The difference in the MLC apertures is reflected in the average leaf pair openings (ALPO)^{( 39 )} for the similar C‐shape plans: 1.3 cm for the single‐arc realistic Novalis plan vs. 2.3 cm for the hypothetical VMAT‐capable linac. Double‐arc C‐shape plans largely avoid the leaf tips crossing the central axis, resulting in better dosimetric agreement at the isocenter (Table 7). It is also instructive to compare two different double‐arc H&N plans represented in Figs. 5(b) and (c). During optimization, the plans were allowed different delivery times per arc (80 vs. 90 sec), and the optimizer arrived at two different solutions.

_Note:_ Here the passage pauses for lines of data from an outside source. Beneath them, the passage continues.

-- ===== src/Vm/Tests.antt =====
-- Runs of the heap of mm/vm.c, and its theorems at them.
use coffee_os_aurora_refresh.Base.{ℕ, ◌≡◌, ◌≢◌, true, update, arith}
use coffee_os_aurora_refresh.Pmm.Sample.{one_free}
use coffee_os_aurora_refresh.Vm.{
  Vm, VmPage, is_free, find_run, allocate_virtual_pages, free_virtual_pages,
}
use coffee_os_aurora_refresh.Vm.Runs.{Allocated, allocate_virtual_pages-Allocated, free-allocate}

-- Pages 1 and 2 of the heap are in use.
abbrev heap : Vm
heap = record {
  vm_page_state = update (update (λ i. VmPage.free) 1 VmPage.lazy) 2 VmPage.reserved;
  paging = record {
    pmm = one_free;
    frames = λ q i. 0;
    current_pd_phys = 0x1000;
    kernel_pd_phys = 0x1000;
  };
}

allocate_virtual_pages-Allocated_example : Allocated heap 2 (allocate_virtual_pages heap 2)
allocate_virtual_pages-Allocated_example =
    allocate_virtual_pages-Allocated heap 2 (omega arith) (omega arith)

allocates : (allocate_virtual_pages heap 2).0 ≢ 0
unfolding allocate_virtual_pages find_run is_free
allocates = omega arith

free-allocate_example :
    ((free_virtual_pages (allocate_virtual_pages heap 2).1 (allocate_virtual_pages heap 2).0 2).0
      ≡ true)
    × ((q : ℕ)
        → (free_virtual_pages
              (allocate_virtual_pages heap 2).1
              (allocate_virtual_pages heap 2).0
              2).1.vm_page_state
            q
          ≡ heap.vm_page_state q)
free-allocate_example = free-allocate heap 2 (omega arith) (omega arith) allocates

-- The same heap under a directory with its recursive slot and an empty table for the heap, in
-- frame 3.
abbrev mapped_heap : Vm
mapped_heap = record {
  vm_page_state = update (update (λ i. VmPage.free) 1 VmPage.lazy) 2 VmPage.reserved;
  paging = record {
    pmm = one_free;
    frames =
        update (update (λ q i. 0) 1 (update (update (λ i. 0) 1023 0x1003) 836 0x3003)) 3
          (update (λ i. 0) 2 0x5003);
    current_pd_phys = 0x1000;
    kernel_pd_phys = 0x1000;
  };
}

In both cases, one of the two arcs has a larger average opening, but the difference varies (ALPO 4.8 and 1.7 cm in (b), and 3.8 and 2.3 cm in (c)). Visual inspection revealed that the 1.7 cm ALPO arc, corresponding to Fig. 5(b), had a significant number of MLC apertures similar to Fig. 6(b), with the resulting dose disagreement in the center. On the other hand, both arcs corresponding to Fig. 5(c) largely avoid control points with extremely narrow openings, and dosimetric agreement in the center is substantially better. We believe there are enough data presented to suggest that the extremely narrow MLC openings traveling across the field while the monitor units are being delivered at a high rate are responsible, at least in large part, for the dosimetric errors not previously seen with the VMAT‐licensed Trilogy linacs.

When only the double‐arc plans are used for the complex cases, the largest mean ion chamber dose error for an individual case (H&N) is $-2.3\%$, with the other three cases exhibiting less than 1.5% deviations. Averaged across all four cases, the mean error is $-0.8\%$. Again, including only the double‐arc plans for the complex cases, the mean γ(3%,3mm) passing rates for individual cases are in excess of 97%, with the average across all four cases being 98.6%. It is essentially the same number as previously measured with the Delta4 for the SmartArc plans on the VMAT‐enabled Trilogy linac (98.2%)^{( 27 )} or for RapidArc treatments (98.5%),^{( 40 )} both of which were characterized as clinically acceptable. Based on our results, it is advantageous, in terms of the dosimetric accuracy, to employ the double‐arc plans for the more complex cases.

V. CONCLUSIONS

For an institution that already owns the licenses, it is economically prudent and technically feasible to use the Pinnacle TPS with the BrainLab Novalis delivery system. This allows taking advantage of the improved accuracy of the CCC algorithm in the presence of heterogeneities, compared to the pencil beam calculations. The reference patient positioning DRRs still have to be generated by the BrainLab software, from the CT images and the isocenter coordinates transferred from Pinnacle. We validated this process with the end‐to‐end hidden target test. The Novalis treatment table attenuation is substantial and needs to be accounted for in calculations. The attenuation is higher for the high dose rate SRS beam than for the previously reported standard Varian Clinac 6 MV beams. A simple single‐contour treatment table attenuation model is sufficiently accurate for routine clinical use. The mMLC leaf tip, although not geometrically round, can be represented in Pinnacle by an arch with satisfactory dosimetric accuracy. Subsequently, step‐and‐shoot (DMPO) dosimetric agreement is excellent. VMAT (SmartArc) treatments with constant gantry speed and dose rate are feasible without any modifications to the accelerator. For the more complex cases, dual‐arc SmartArc plans lead to better results both in terms of meeting the dose‐volume objectives and dosimetric accuracy. Unlike the previously investigated SmartArc plans with the Millennium 120 leaf MLC (minimum leaf width 5 mm), with the mMLC (3 mm leaf width), dose distributions do change when the calculation grid is reduced from 3 to 2 mm. The use of a 2 mm grid is, therefore, recommended. When double‐arc plans are used for the more complex plans, the overall dosimetric agreement for the SmartArc on a Novalis linac compares favorably with the previously reported results for other implementations of VMAT. However, a larger than previously observed dose error with the single‐arc plans, confined predominantly to the isocenter region, requires further investigation.